Excerpted data
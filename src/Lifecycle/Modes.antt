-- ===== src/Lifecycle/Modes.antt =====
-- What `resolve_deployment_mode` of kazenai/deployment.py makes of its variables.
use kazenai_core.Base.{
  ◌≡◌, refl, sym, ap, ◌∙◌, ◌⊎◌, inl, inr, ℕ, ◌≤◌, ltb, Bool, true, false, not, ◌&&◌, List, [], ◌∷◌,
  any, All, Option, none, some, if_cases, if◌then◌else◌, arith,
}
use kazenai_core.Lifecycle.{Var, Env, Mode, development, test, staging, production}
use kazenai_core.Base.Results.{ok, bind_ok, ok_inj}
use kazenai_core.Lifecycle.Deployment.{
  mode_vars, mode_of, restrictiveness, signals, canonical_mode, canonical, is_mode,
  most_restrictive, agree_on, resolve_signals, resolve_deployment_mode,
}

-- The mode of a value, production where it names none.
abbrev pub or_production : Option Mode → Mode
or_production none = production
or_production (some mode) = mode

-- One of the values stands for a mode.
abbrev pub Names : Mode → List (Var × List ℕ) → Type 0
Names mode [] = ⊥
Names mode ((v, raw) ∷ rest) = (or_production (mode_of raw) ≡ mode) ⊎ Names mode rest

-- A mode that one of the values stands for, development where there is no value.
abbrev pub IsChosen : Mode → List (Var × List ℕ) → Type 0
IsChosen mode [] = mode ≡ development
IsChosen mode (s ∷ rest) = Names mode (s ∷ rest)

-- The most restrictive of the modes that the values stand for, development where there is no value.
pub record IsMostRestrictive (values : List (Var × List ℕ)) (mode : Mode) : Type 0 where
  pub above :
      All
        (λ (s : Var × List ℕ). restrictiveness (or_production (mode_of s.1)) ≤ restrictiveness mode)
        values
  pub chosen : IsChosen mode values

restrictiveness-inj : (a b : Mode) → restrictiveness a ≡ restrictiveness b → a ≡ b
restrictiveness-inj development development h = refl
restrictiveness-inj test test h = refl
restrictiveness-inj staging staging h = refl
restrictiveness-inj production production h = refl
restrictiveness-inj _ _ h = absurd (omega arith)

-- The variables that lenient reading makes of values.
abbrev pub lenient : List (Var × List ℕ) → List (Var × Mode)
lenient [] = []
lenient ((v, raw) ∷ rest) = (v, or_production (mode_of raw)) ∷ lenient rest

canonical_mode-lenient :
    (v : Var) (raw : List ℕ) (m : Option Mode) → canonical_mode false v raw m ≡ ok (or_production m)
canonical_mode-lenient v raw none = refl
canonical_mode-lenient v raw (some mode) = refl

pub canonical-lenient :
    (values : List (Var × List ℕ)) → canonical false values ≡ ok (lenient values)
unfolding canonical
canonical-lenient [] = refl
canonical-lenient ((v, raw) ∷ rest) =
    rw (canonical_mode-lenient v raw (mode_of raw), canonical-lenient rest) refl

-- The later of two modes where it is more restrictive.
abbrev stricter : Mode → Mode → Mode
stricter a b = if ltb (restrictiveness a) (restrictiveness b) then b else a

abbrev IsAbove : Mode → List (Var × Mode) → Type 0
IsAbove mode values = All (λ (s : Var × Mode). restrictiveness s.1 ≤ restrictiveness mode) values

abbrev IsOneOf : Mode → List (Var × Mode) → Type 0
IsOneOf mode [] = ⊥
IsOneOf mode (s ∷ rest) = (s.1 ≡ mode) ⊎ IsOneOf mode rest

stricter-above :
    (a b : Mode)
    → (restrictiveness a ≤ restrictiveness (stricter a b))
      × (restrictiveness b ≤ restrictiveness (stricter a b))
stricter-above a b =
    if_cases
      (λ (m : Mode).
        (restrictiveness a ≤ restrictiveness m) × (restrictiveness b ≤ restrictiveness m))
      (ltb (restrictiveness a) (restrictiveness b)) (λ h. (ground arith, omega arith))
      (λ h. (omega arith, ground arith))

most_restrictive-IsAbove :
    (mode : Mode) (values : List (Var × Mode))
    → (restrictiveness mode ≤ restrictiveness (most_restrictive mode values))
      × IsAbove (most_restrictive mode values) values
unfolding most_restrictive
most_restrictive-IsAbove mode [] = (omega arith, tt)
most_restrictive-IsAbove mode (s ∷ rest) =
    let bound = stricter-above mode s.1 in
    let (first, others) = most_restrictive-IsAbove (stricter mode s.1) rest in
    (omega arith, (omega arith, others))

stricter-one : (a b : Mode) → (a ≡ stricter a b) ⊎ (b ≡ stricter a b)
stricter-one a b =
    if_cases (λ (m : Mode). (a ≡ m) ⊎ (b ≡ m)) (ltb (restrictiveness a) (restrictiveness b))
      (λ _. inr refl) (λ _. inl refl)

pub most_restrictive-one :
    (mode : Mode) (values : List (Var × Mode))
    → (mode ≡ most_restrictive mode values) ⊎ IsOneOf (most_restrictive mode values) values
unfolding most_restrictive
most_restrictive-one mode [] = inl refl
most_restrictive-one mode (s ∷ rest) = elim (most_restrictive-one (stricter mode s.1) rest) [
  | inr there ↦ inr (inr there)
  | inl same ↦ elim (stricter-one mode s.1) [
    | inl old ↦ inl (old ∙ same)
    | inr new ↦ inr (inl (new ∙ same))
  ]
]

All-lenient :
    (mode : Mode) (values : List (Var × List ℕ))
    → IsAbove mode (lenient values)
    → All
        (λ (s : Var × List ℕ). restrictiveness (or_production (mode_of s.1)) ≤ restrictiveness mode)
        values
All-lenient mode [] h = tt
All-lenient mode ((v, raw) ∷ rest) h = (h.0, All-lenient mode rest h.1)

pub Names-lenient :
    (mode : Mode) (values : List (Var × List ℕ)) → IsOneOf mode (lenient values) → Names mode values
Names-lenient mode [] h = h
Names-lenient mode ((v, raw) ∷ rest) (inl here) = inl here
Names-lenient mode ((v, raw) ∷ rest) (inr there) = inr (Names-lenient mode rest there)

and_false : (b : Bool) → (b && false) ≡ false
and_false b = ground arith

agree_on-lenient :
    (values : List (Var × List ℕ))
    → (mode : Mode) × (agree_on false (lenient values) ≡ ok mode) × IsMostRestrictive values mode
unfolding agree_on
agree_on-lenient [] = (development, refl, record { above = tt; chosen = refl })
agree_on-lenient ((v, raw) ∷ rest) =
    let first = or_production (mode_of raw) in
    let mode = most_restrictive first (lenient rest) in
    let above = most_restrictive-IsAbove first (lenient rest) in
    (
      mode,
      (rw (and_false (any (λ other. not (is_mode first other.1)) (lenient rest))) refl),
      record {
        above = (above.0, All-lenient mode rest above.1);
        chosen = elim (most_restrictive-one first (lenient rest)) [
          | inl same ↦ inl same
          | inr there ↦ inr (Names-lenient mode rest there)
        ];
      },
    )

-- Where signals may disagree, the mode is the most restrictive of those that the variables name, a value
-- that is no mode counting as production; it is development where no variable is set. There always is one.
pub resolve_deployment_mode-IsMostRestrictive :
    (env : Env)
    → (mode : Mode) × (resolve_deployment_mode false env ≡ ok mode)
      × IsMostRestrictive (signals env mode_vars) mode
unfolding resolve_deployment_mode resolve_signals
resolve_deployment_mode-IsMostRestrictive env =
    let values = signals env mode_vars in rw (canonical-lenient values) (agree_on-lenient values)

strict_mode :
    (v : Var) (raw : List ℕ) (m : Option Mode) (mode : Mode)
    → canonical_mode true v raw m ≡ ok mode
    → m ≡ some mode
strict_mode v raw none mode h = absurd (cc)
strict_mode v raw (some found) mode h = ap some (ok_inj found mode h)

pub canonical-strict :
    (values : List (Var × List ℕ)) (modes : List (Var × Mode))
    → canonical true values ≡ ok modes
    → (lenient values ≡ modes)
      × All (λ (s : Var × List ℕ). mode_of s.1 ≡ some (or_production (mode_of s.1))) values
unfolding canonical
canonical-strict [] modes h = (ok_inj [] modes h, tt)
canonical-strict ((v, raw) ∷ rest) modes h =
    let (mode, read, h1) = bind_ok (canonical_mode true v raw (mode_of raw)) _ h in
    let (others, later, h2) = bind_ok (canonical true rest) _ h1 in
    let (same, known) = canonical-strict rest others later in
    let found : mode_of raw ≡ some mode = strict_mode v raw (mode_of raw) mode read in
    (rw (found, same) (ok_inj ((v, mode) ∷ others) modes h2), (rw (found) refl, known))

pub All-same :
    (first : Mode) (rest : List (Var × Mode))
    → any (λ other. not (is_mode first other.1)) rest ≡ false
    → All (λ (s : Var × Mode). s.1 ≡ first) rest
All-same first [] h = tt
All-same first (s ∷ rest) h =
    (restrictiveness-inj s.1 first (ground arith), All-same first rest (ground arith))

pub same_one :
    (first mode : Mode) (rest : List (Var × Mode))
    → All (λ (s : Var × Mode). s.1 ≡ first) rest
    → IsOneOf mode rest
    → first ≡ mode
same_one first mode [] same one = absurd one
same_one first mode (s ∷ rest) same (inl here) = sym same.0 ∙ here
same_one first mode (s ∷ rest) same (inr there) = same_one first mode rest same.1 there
...
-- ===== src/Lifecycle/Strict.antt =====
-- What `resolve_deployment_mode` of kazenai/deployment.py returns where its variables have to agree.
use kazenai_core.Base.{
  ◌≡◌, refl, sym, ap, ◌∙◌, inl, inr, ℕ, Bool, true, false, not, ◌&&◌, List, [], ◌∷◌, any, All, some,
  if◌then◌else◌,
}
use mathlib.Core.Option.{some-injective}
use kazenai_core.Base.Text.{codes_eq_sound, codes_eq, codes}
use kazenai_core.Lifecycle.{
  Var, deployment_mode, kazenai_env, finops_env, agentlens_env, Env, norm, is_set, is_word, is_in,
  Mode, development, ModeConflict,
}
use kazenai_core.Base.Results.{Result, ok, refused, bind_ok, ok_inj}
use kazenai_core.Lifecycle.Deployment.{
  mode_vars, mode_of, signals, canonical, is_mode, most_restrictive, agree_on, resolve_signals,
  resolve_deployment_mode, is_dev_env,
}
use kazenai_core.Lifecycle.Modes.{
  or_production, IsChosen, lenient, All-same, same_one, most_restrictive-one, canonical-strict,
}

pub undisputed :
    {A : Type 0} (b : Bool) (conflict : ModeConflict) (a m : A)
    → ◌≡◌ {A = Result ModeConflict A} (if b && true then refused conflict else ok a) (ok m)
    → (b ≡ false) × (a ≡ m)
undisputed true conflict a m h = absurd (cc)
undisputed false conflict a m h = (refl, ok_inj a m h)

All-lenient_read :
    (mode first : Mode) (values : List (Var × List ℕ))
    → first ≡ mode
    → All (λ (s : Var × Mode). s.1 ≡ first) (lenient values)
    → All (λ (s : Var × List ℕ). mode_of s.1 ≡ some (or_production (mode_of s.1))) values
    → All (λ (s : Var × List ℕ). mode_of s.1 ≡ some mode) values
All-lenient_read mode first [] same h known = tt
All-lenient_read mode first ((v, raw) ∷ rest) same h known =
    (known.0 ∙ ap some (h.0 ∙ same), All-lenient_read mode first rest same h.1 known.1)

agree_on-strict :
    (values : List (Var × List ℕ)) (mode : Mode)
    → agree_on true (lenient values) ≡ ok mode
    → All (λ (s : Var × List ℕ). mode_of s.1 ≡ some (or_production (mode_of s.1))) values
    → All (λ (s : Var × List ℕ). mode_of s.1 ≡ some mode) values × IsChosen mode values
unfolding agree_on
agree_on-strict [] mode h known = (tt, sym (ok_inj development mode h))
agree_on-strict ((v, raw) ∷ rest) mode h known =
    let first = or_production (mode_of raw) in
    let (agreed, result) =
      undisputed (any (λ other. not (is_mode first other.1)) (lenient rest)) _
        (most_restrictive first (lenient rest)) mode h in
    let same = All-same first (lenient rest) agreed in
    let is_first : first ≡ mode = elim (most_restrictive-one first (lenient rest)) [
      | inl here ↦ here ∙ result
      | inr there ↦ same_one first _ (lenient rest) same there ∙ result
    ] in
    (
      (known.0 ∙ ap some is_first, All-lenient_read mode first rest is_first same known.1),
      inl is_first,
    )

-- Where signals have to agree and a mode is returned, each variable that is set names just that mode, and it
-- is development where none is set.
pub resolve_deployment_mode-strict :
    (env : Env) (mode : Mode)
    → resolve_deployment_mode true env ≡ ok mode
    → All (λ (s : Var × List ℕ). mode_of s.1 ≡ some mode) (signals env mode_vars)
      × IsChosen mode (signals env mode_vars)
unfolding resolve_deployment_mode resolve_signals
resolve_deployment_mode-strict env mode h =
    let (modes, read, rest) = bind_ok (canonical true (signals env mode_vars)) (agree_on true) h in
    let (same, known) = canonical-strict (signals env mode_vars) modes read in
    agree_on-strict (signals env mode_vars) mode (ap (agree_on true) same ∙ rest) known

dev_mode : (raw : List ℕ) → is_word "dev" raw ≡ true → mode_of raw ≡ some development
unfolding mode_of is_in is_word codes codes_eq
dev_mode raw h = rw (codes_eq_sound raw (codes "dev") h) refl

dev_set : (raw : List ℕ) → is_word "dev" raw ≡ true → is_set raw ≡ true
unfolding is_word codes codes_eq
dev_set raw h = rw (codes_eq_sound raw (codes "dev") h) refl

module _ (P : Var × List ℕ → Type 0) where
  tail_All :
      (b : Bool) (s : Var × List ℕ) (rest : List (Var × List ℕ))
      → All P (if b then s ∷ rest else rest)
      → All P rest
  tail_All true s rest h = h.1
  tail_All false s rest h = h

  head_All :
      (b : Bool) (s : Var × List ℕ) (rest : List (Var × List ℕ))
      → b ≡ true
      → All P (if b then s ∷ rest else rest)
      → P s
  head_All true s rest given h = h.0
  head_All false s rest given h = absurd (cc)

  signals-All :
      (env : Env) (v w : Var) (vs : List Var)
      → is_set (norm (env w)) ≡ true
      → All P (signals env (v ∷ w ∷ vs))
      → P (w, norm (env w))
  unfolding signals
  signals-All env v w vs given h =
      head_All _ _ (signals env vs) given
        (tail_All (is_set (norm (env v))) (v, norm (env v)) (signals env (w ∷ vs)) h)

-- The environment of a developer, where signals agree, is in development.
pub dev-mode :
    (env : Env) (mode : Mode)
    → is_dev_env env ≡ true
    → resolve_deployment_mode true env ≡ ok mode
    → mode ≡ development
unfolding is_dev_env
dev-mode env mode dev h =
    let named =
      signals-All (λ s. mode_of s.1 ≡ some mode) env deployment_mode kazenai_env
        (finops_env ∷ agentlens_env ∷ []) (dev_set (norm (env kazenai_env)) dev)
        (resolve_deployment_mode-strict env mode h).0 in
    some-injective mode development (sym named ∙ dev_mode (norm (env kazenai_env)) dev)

Activity
From the entries above, extract every line where the word "stands" appears.

Result of this exercise
-- One of the values stands for a mode.
-- A mode that one of the values stands for, development where there is no value.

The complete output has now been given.